-- ===== src/RateLimiter/Removal.antt =====
-- What the script leaves of the set: the members that are younger than the window.
use flux_kart.Prelude.{
  ℕ, ◌+◌, ◌-◌, ◌≤◌, ◌<◌, ◌≡◌, ◌≢◌, refl, ap, ◌∙◌, sym, Bool, true, false, arith, ltb, leb, ◌==◌,
  ◌&&◌, not, length, count_where, length-select, count_where-le, count_where-select,
  count_where-select-le, count_where-all, Bool-cases, inl, inr,
}
use flux_kart.Redis.{ScoredSets}
use flux_kart.RateLimiter.{remove_old}

module _ (Z : ScoredSets ℕ ℕ) (key window : ℕ) where
  abbrev pub named : ℕ → ℕ × ℕ → Bool
  named id m = m.0 == id

  unfoldable pub live : ℕ → ℕ → Bool
  live t a = ltb t (a + window)

  unfoldable pub live_member : ℕ → ℕ × ℕ → Bool
  unfolding live
  live_member t m = live t m.1

  unfoldable pub outside : ℕ → ℕ × ℕ → Bool
  outside now m = not (leb 0 m.1 && leb m.1 (now - window))

  live-outside :
      (now t : ℕ) (m : ℕ × ℕ)
      → now ≤ t
      → live_member t m ≡ true
      → window ≤ now
      → outside now m ≡ true
  unfolding live_member outside
  live-outside now t m h l w = ground arith

  outside-live :
      (now : ℕ) (m : ℕ × ℕ) → window ≤ now → outside now m ≡ true → live_member now m ≡ true
  unfolding live_member outside
  outside-live now m w o = ground arith

  early-live : (now : ℕ) (m : ℕ × ℕ) → now < window → live_member now m ≡ true
  unfolding live_member
  early-live now m w = ground arith

  pub removed-live :
      (now u t : ℕ) (db : Z.Db)
      → now ≤ u
      → u ≤ t
      → count_where (live_member t) (Z.zrange (remove_old Z key now window db) u key)
        ≡ count_where (live_member t) (Z.zrange db u key)
  unfolding remove_old outside
  removed-live now u t db h k = elim (Bool-cases (ltb now window)) [
    | inl early ↦ rw early refl
    | inr late ↦
        rw (late, Z.zrange-zremrangebyscore db now u key 0 (now - window) h)
          (count_where-select (live_member t) (outside now) (Z.zrange db u key)
            (λ m l. live-outside now t m (omega (arith, h, k)) l (ground arith)))
  ]

  pub removed-zcard :
      (now : ℕ) (db : Z.Db)
      → Z.zcard (remove_old Z key now window db) now key
        ≡ count_where (live_member now) (Z.zrange db now key)
  unfolding remove_old outside
  removed-zcard now db = elim (Bool-cases (ltb now window)) [
    | inl early ↦ rw early (
        Z.zcard-zrange db now key
        ∙ sym (
            count_where-all (live_member now) (Z.zrange db now key)
              (λ m. early-live now m (ground arith))))
    | inr late ↦ rw late (
        Z.zcard-zrange (Z.zremrangebyscore db now key 0 (now - window)) now key
        ∙ ap length (Z.zrange-zremrangebyscore db now now key 0 (now - window) (omega arith))
        ∙ length-select (outside now) (Z.zrange db now key)
        ∙ omega (
          arith,
          count_where-le (outside now) (live_member now) (Z.zrange db now key)
              (λ m o. outside-live now m (ground arith) o),
          count_where-le (live_member now) (outside now) (Z.zrange db now key)
              (λ m l. live-outside now now m (omega arith) l (ground arith)),
        ))
  ]

  pub removed-absent :
      (now id : ℕ) (db : Z.Db)
      → count_where (named id) (Z.zrange db now key) ≡ 0
      → count_where (named id) (Z.zrange (remove_old Z key now window db) now key) ≡ 0
  unfolding remove_old outside
  removed-absent now id db h = elim (Bool-cases (ltb now window)) [
    | inl early ↦ rw early h
    | inr late ↦
        rw (late, Z.zrange-zremrangebyscore db now now key 0 (now - window) (omega arith))
          (omega (arith, h, count_where-select-le (named id) (outside now) (Z.zrange db now key)))
  ]

  pub named-ne : (id n t : ℕ) → named id (n, t) ≡ false → n ≢ id
  named-ne id n t h = ground arith
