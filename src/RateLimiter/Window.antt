-- ===== src/RateLimiter/Window.antt =====
-- The requests that are let through against the window, for one key and a clock that never goes back.
use flux_kart.Prelude.{
  ℕ, ◌+◌, ◌≤◌, ◌<◌, ◌≡◌, refl, ap, ◌∙◌, sym, Bool, true, List, [], ◌∷◌, arith, ltb, leb, ◌&&◌,
  if◌then◌else◌, count_where, count_where-le, Bool-cases, inl, inr,
}
use flux_kart.Redis.{ScoredSets}
use flux_kart.RateLimiter.{lua_script, remove_old}
use flux_kart.RateLimiter.Removal.{
  named, live, live_member, removed-live, removed-zcard, removed-absent, named-ne,
}

-- A request: its time and the uuid4() that names it.
pub record Arrival : Type 0 where
  pub time : ℕ
  pub id : ℕ

module _ (Z : ScoredSets ℕ ℕ) (key window limit : ℕ) where
  unfoldable pub answer : Arrival → Z.Db → (ℕ × Bool) × Z.Db
  unfolding lua_script
  answer a db = lua_script Z key a.time window limit a.id db

  -- The times of the requests that are let through, the last one first.
  pub let_through : List Arrival → Z.Db → List ℕ → List ℕ
  unfolding answer
  let_through [] db passed = passed
  let_through (a ∷ rest) db passed =
      let (reply, db') = answer a db in
      let_through rest db' (if reply.1 then a.time ∷ passed else passed)

  -- Times do not fall, and no id is drawn while a member of the set still has it.
  abbrev pub IsSchedule : ℕ → List Arrival → Z.Db → Type 0
  IsSchedule last [] db = Unit
  IsSchedule last (a ∷ rest) db =
      (last ≤ a.time)
      × (count_where (named Z key window a.id) (Z.zrange db a.time key) ≡ 0)
      × IsSchedule a.time rest (answer a db).1

  -- A request at `a` counts at the time `t`.
  abbrev pub in_window : ℕ → ℕ → Bool
  in_window t a = leb a t && ltb t (a + window)

  -- What the set remembers of the requests that passed, at each later time `u`, for windows that end
  -- at a time `t` after that.
  record IsTracked (last : ℕ) (db : Z.Db) (passed : List ℕ) : Type 0 where
    past : (t : ℕ) → last < t → count_where (leb t) passed ≡ 0
    same :
        (u t : ℕ)
        → last ≤ u
        → u ≤ t
        → count_where (live Z key window t) passed
          ≡ count_where (live_member Z key window t) (Z.zrange db u key)
    bound : (t : ℕ) → count_where (in_window t) passed ≤ limit

  refused-IsTracked :
      (last now : ℕ) (db : Z.Db) (passed : List ℕ)
      → last ≤ now
      → IsTracked last db passed
      → IsTracked now (remove_old Z key now window db) passed
  refused-IsTracked last now db passed h k = record {
    past = λ t l. k.past t (omega (arith, h, l));
    same = λ u t l m.
        k.same u t (omega (arith, h, l)) m ∙ sym (removed-live Z key window now u t db l m);
    bound = k.bound;
  }

  in_window-live : (now t a : ℕ) → now ≤ t → in_window t a ≡ true → live Z key window now a ≡ true
  unfolding live
  in_window-live now t a h w = ground arith

  after_removal : Arrival → Z.Db → Z.Db
  after_removal a db = remove_old Z key a.time window db

  with_arrival : Arrival → Z.Db → Z.Db
  with_arrival a db = Z.pexpire (Z.zadd db a.time key a.id a.time) a.time key window

  -- While the key lasts it holds the members that were there and the new one; after that none of the
  -- times that passed is in a window.
  with_arrival-live :
      (u t : ℕ) (a : Arrival) (db : Z.Db)
      → count_where (named Z key window a.id) (Z.zrange db a.time key) ≡ 0
      → a.time ≤ u
      → u ≤ a.time + window
      → count_where (live_member Z key window t) (Z.zrange (with_arrival a db) u key)
        ≡ count_where (live_member Z key window t) (Z.zrange db a.time key)
          + (if live Z key window t a.time then 1 else 0)
  unfolding live_member with_arrival
  with_arrival-live u t a db fresh l near =
      ap (count_where (live_member Z key window t))
        (Z.zrange-pexpire (Z.zadd db a.time key a.id a.time) a.time u key window l near)
      ∙ Z.zrange-zadd db a.time key a.id a.time (named Z key window a.id)
          (live_member Z key window t) (named-ne Z key window a.id) fresh

  same_gone :
      (u t : ℕ) (a : Arrival) (db : Z.Db) (passed : List ℕ)
      → count_where (leb (a.time + 1)) passed ≡ 0
      → a.time + window < u
      → u ≤ t
      → count_where (live Z key window t) (a.time ∷ passed)
        ≡ count_where (live_member Z key window t) (Z.zrange (with_arrival a db) u key)
  unfolding live with_arrival
  same_gone u t a db passed past far m = ground (
    arith,
    Z.zrange-pexpire_gone (Z.zadd db a.time key a.id a.time) a.time u key window far,
    count_where-le (live Z key window t) (leb (a.time + 1)) passed (λ x l. ground arith),
    past,
  )

  allowed-IsTracked :
      (last : ℕ) (a : Arrival) (db : Z.Db) (passed : List ℕ)
      → last ≤ a.time
      → count_where (named Z key window a.id) (Z.zrange db a.time key) ≡ 0
      → Z.zcard (after_removal a db) a.time key < limit
      → IsTracked last db passed
      → IsTracked a.time (with_arrival a (after_removal a db)) (a.time ∷ passed)
  unfolding after_removal
  allowed-IsTracked last a db passed h fresh room k = record {
    past = λ t l. ground (arith, k.past t (omega (arith, h, l)));
    same = λ u t l m. elim (Bool-cases (leb u (a.time + window))) [
      | inl near ↦ ground (
        arith,
        with_arrival-live u t a (after_removal a db)
            (removed-absent Z key window a.time a.id db fresh) l (ground arith),
        k.same a.time t h (omega (arith, l, m)),
        removed-live Z key window a.time a.time t db (omega arith) (omega (arith, l, m)),
      )
      | inr far ↦
          same_gone u t a (after_removal a db) passed (k.past (a.time + 1) (omega (arith, h)))
            (ground arith) m
    ];
    bound = λ t. elim (Bool-cases (leb a.time t)) [
      | inl later ↦ ground (
        arith,
        count_where-le (in_window t) (live Z key window a.time) passed
            (λ x l. in_window-live a.time t x (ground arith) l),
        k.same a.time a.time h (omega arith),
        removed-zcard Z key window a.time db,
        room,
      )
      | inr earlier ↦ ground (arith, k.bound t)
    ];
  }

  step-IsTracked :
      (last : ℕ) (a : Arrival) (db : Z.Db) (passed : List ℕ)
      → last ≤ a.time
      → count_where (named Z key window a.id) (Z.zrange db a.time key) ≡ 0
      → IsTracked last db passed
      → IsTracked a.time (answer a db).1 (if (answer a db).0.1 then a.time ∷ passed else passed)
  unfolding answer after_removal with_arrival
  step-IsTracked last a db passed h fresh k =
      elim (Bool-cases (leb limit (Z.zcard (after_removal a db) a.time key))) [
        | inl full ↦ rw full (refused-IsTracked last a.time db passed h k)
        | inr room ↦ rw room (allowed-IsTracked last a db passed h fresh (ground arith) k)
      ]

  let_through-bound :
      (last : ℕ) (rest : List Arrival) (db : Z.Db) (passed : List ℕ)
      → IsSchedule last rest db
      → IsTracked last db passed
      → (t : ℕ) → count_where (in_window t) (let_through rest db passed) ≤ limit
  unfolding let_through
  let_through-bound last [] db passed h k t = k.bound t
  let_through-bound last (a ∷ rest) db passed h k t =
      let_through-bound a.time rest (answer a db).1
        (if (answer a db).0.1 then a.time ∷ passed else passed) h.2
        (step-IsTracked last a db passed h.0 h.1 k) t

  -- Whatever requests arrive at the key, at times that do not fall and with ids that are fresh, from
  -- an empty set on: no window of that length, wherever it ends, holds more than `limit` requests
  -- that were let through.
  pub window_bound :
      (arrivals : List Arrival) (db : Z.Db) (t : ℕ)
      → ((u : ℕ) → Z.zrange db u key ≡ [])
      → IsSchedule 0 arrivals db
      → count_where (in_window t) (let_through arrivals db []) ≤ limit
  window_bound arrivals db t empty h =
      let_through-bound 0 arrivals db [] h
        (record {
          past = λ t l. refl;
          same = λ u t l m. ap (count_where (live_member Z key window t)) (sym (empty u));
          bound = λ t. omega arith;
        })
        t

++++++++++++++++++++

* [EXERCISE DESCRIPTION]
Across the preceding material, how many lines contain the word "abbrev"? State the number alone.

* [ANSWER SECTION]
3